## GOAL OF THE EXERCISE
Go line by line through the entries below and copy those containing the string "unfolding".

## GIVEN RECORDS
· · · · ·

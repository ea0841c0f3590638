-- ===== src/Xrpl/Signer/PrivKey.antt =====
-- `PrivKeyTxSigner` of relayer/client/xrpl/signer.go. A signing has the transaction as it is afterwards.
use tx_xrpl_token_migrator.Base.Str.{Str, codes}
use tx_xrpl_token_migrator.Base.Go.{Go, ok, ◌>>=◌}
use tx_xrpl_token_migrator.Xrpl.Rpc.Call.{wrap_err}
use tx_xrpl_token_migrator.Xrpl.Signer.{
  Signing, SignerItem, ripple_key, extract_account_from_xrpl_key, extract_pub_key_from_xrpl_key,
}

module _ (G : Signing) (priv_key : G.PrivKey) where
  -- `Sign`
  unfoldable pub sign : G.Txn → G.Txn × Go (Unit {0})
  unfolding ripple_key wrap_err
  sign txn =
      let (txn', result) = G.sign (ripple_key G priv_key) txn in
      (txn', wrap_err (codes "failed to sign XRPL transaction with keyring") result)

  -- `MultiSign`
  unfoldable pub multi_sign : G.Txn → G.Txn × Go SignerItem
  unfolding ripple_key extract_account_from_xrpl_key
  multi_sign txn =
      let acc = extract_account_from_xrpl_key G priv_key in
      let (txn', result) = G.multi_sign (ripple_key G priv_key) acc txn in
      (
        txn',
        result >>= λ u. ok (record {
          account = acc;
          txn_signature = G.get_signature txn';
          signing_pub_key = G.get_public_key txn';
        }),
      )

  -- `Account`
  unfoldable pub account : Str
  unfolding extract_account_from_xrpl_key
  account = extract_account_from_xrpl_key G priv_key

  -- `PubKey`
  unfoldable pub pub_key : Str
  unfolding extract_pub_key_from_xrpl_key
  pub_key = extract_pub_key_from_xrpl_key G priv_key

· · · · ·

## OUTPUT
  unfolding ripple_key wrap_err
  unfolding ripple_key extract_account_from_xrpl_key
  unfolding extract_account_from_xrpl_key
  unfolding extract_pub_key_from_xrpl_key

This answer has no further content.